+++ SUPPLIED MATERIAL +++

-- ===== src/Models/Order/Laws.antt =====
-- What a fill does to the quantities and to the liability of an order.
use lumendark.Common.{◌≡◌, refl, sym, arith, ◌-ℤ◌, ◌*ℤ◌, int_laws, mul-sub, Decimal, ap, ◌∙◌}
use lumendark.Models.Order.{Order, OrderSide, buy, sell, fill, remaining_quantity, liability_amount}

-- What is locked for a quantity at the order's price.
abbrev pub locked_for : OrderSide → Decimal → Decimal → Decimal
locked_for buy price quantity = price *ℤ quantity
locked_for sell price quantity = quantity

pub liability_amount-eq :
    (o : Order) → liability_amount o ≡ locked_for o.side o.price (remaining_quantity o)
unfolding liability_amount
liability_amount-eq o = ground arith

module _ (q : Decimal) (o : Order) where
  pub remaining_quantity-fill : remaining_quantity (fill q o) ≡ remaining_quantity o -ℤ q
  unfolding fill
  remaining_quantity-fill = omega int_laws

locked_for-sub :
    (side : OrderSide) (p r q : Decimal)
    → locked_for side p (r -ℤ q) ≡ locked_for side p r -ℤ locked_for side p q
locked_for-sub buy p r q = mul-sub p r q
locked_for-sub sell p r q = refl

pub liability_amount-fill :
    (q : Decimal) (o : Order)
    → liability_amount (fill q o) ≡ liability_amount o -ℤ locked_for o.side o.price q
unfolding fill
liability_amount-fill q o =
    liability_amount-eq (fill q o)
    ∙ ap (locked_for o.side o.price) (remaining_quantity-fill q o)
    ∙ locked_for-sub o.side o.price (remaining_quantity o) q
    ∙ ap (λ l. l -ℤ locked_for o.side o.price q) (sym (liability_amount-eq o))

+++

HOW TO COMPLETE THIS TASK |
Every line above from the line with "pub remaining_quantity-fill : remaining_quantity" to the line with "locked_for side p q", both included, must be reproduced exactly, and no other line may appear.

RESPONSE TO THIS EXERCISE |
  pub remaining_quantity-fill : remaining_quantity (fill q o) ≡ remaining_quantity o -ℤ q
  unfolding fill
  remaining_quantity-fill = omega int_laws

locked_for-sub :
    (side : OrderSide) (p r q : Decimal)
    → locked_for side p (r -ℤ q) ≡ locked_for side p r -ℤ locked_for side p q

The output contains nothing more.